Applied AI Engineer Job Profile

An Applied AI Engineer focuses on creating and implementing AI models to address specific business challenges. They work closely with cross-functional teams to integrate AI solutions into existing systems. This role requires proficiency in machine learning algorithms, programming, and data handling.

Reports To

The Applied AI Engineer reports to the Head of AI and Machine Learning.

Applied AI Engineer Responsibilities

  • Develop and deploy machine learning models for various applications.
  • Collaborate with data scientists and engineers to design AI solutions.
  • Analyze large datasets to extract meaningful insights and patterns.
  • Optimize and fine-tune AI models for better performance.
  • Integrate AI models into existing software systems and workflows.
  • Monitor and maintain AI systems to ensure reliability and performance.
  • Stay updated with the latest advancements in AI and machine learning.
  • Prepare technical documentation and reports for AI projects.
  • Assist in the evaluation and selection of AI tools and frameworks.

Applied AI Engineer Requirements & Skills

  • Experience in developing and deploying machine learning models.
  • Proficiency in programming languages like Python or R.
  • Strong understanding of data structures, algorithms, and statistics.
  • Experience with machine learning frameworks like TensorFlow or PyTorch.
  • Knowledge of data processing and visualization tools.
  • Excellent problem-solving and analytical skills.
  • Ability to work collaboratively in a team environment.
  • Bachelor’s or Master’s degree in Computer Science, AI, or related field.
  • Good communication skills to explain complex AI concepts.

The importance of a good Applied AI Engineer job description

In today's fast-paced job market, candidates often spend limited time reading job descriptions. With countless opportunities to explore, it's common for them to glance through postings quickly.

As a result, your job description must be well-crafted to capture the attention of top talent. It should be concise yet informative, effectively communicating key details about the role within moments.

Leading organizations understand the power of a good job description. Not only do they attract the right candidates, but they also clearly define the role while setting the stage for an Applied AI Engineer interview. Additionally, they serve to outline the ideal candidate's qualities and offer a glimpse into the company's values.

Download Applied AI Engineer job description template in multiple formats

Things to avoid when writing a job description for Applied AI Engineer role

When crafting a job description for an Applied AI Engineer, it's important to be clear and concise. Overloading the description with unnecessary requirements or vague jargon can deter potential candidates.

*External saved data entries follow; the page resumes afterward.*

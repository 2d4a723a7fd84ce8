-- ===== src/Miner/Randomness/Laws.antt =====
-- miner/util.go, `DrawRandomness`: different requests do not hash the same bytes.
use sophon_miner.Miner.Randomness.{Blake2b, hash_input}
use sophon_miner.Miner.Winner.{Domain}
use sophon_miner.Prelude.{List, [], ap, arith, length, refl, sym, ◌++◌, ◌∙◌, ◌∷◌, ◌≡◌}
use sophon_miner.Prelude.Int.{FitsInt64, ℤ}
use sophon_miner.Recorder.Encoding.{from_bytes, from_bytes-into_bytes, into_bytes}
use sophon_miner.Types.{Bytes, ChainEpoch}

cut_at :
    {A : Type 0} (xs ys us vs : List A)
    → length xs ≡ length ys
    → xs ++ us ≡ ys ++ vs
    → (xs ≡ ys) × (us ≡ vs)
cut_at [] [] us vs same h = (refl, h)
cut_at [] (y ∷ ys) us vs same h = absurd (omega arith)
cut_at (x ∷ xs) [] us vs same h = absurd (omega arith)
cut_at (x ∷ xs) (y ∷ ys) us vs same h =
    let head : x ≡ y = cc in
    let tail : xs ++ us ≡ ys ++ vs = cc in
    let (first, rest) = cut_at xs ys us vs (omega arith) tail in (cc, rest)

length-into_bytes : (z : ℤ) → length (into_bytes z) ≡ 8
unfolding into_bytes
length-into_bytes z = refl

into_bytes-injective : (a b : ℤ) → FitsInt64 a → FitsInt64 b → into_bytes a ≡ into_bytes b → a ≡ b
into_bytes-injective a b fa fb h =
    sym (from_bytes-into_bytes a fa) ∙ ap from_bytes h ∙ from_bytes-into_bytes b fb

-- What is hashed for one request is hashed for no other: equal bytes have the same domain, the same
-- round, the same entropy and a base of the same hash. So a request of one domain, or of one round,
-- shares its randomness with another only where blake2b collides.
pub hash_input-injective :
    (h : Blake2b) (rbase rbase' : Bytes) (pers pers' : Domain) (round round' : ChainEpoch)
    (entropy entropy' : Bytes)
    → FitsInt64 round
    → FitsInt64 round'
    → hash_input h rbase pers round entropy ≡ hash_input h rbase' pers' round' entropy'
    → (pers ≡ pers') × (h.sum256 rbase ≡ h.sum256 rbase') × (round ≡ round') × (entropy ≡ entropy')
unfolding hash_input
hash_input-injective h rbase rbase' pers pers' round round' entropy entropy' f f' same =
    let (tags, rest) =
      cut_at (into_bytes (h.tag pers)) (into_bytes (h.tag pers')) _ _
        (length-into_bytes (h.tag pers) ∙ sym (length-into_bytes (h.tag pers'))) same in
    let (bases, rest2) =
      cut_at (h.sum256 rbase) (h.sum256 rbase') _ _
        (h.length-sum256 rbase ∙ sym (h.length-sum256 rbase')) rest in
    let (rounds, entropies) =
      cut_at (into_bytes round) (into_bytes round') entropy entropy'
        (length-into_bytes round ∙ sym (length-into_bytes round')) rest2 in
    (
      h.tag-injective pers pers' (
          into_bytes-injective (h.tag pers) (h.tag pers') (h.tag-Fits pers) (h.tag-Fits pers')
            tags),
      bases,
      into_bytes-injective round round' f f' rounds,
      entropies,
    )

Here, we explore common pitfalls to avoid, ensuring that your job posting attracts the best talent suited to your needs.

Avoid listing too many skills in the job description. It can overwhelm candidates and dissuade them from applying. Focus on the core competencies necessary for the role. For a detailed guide on what skills are truly needed, refer to the skills required for an Applied AI Engineer role.

Be cautious when using buzzwords. Terms like 'disruptive,' 'cutting-edge,' 'synergistic,' and 'innovative' often appear in job descriptions but can be vague and uninformative. Instead, provide clear and realistic expectations of the tasks and projects the candidate will work on.

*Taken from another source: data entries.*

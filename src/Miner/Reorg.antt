-- ===== src/Miner/Reorg.antt =====
-- miner/util.go, `ReorgOps`: the two branches from a common ancestor. `parent` is the loader of a
-- tipset's parents, which may fail, and `same` is the chain library's `Equals`.
pub mod Laws
use sophon_miner.Miner.{TipSet}
use sophon_miner.Prelude.{Bool, List, Option, [], false, none, some, suc, true, zero, ℕ, ◌++◌, ◌∷◌}
use sophon_miner.Prelude.Int.{ltb_ℤ}

abbrev pub Chain : Type 0
Chain = List TipSet

-- The result of the loop: the two chains, an error of the loader, or no end within the fuel.
pub data Branches : Type 0 where
  branches : Chain → Chain → Branches
  load_failed : Branches
  out_of_fuel : Branches

module _ (parent : TipSet → Option TipSet) (same : TipSet → TipSet → Bool) where
  unfoldable pub reorg_ops : ℕ → TipSet → TipSet → Chain → Chain → Branches
  reorg_ops zero left right left_chain right_chain = out_of_fuel
  reorg_ops (suc fuel) left right left_chain right_chain = elim (same left right) [
    | true ↦ branches left_chain right_chain
    | false ↦ elim (ltb_ℤ right.height left.height) [
      | true ↦ elim (parent left) [
        | none ↦ load_failed
        | some par ↦ reorg_ops fuel par right (left_chain ++ left ∷ []) right_chain
      ]
      | false ↦ elim (parent right) [
        | none ↦ load_failed
        | some par ↦ reorg_ops fuel left par left_chain (right_chain ++ right ∷ [])
      ]
    ]
  ]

Don't overemphasize academic qualifications. While education is important, many Applied AI Engineers develop skills that aren't taught in traditional academic settings, such as practical problem-solving and specific software proficiencies. Consider using an applied AI engineer assessment test to screen candidates for these skills.

What skills are important for Applied AI Engineer role?

To write a compelling job description and attract top talent for the Applied AI Engineer role, recruiters need to understand the skills necessary for success. Key skills include proficiency in machine learning algorithms, data analysis, and software development, all of which are crucial for executing responsibilities in AI system implementation and optimization.

For a detailed guide on the skills required for an Applied AI Engineer, you can check out our in-depth blog post here.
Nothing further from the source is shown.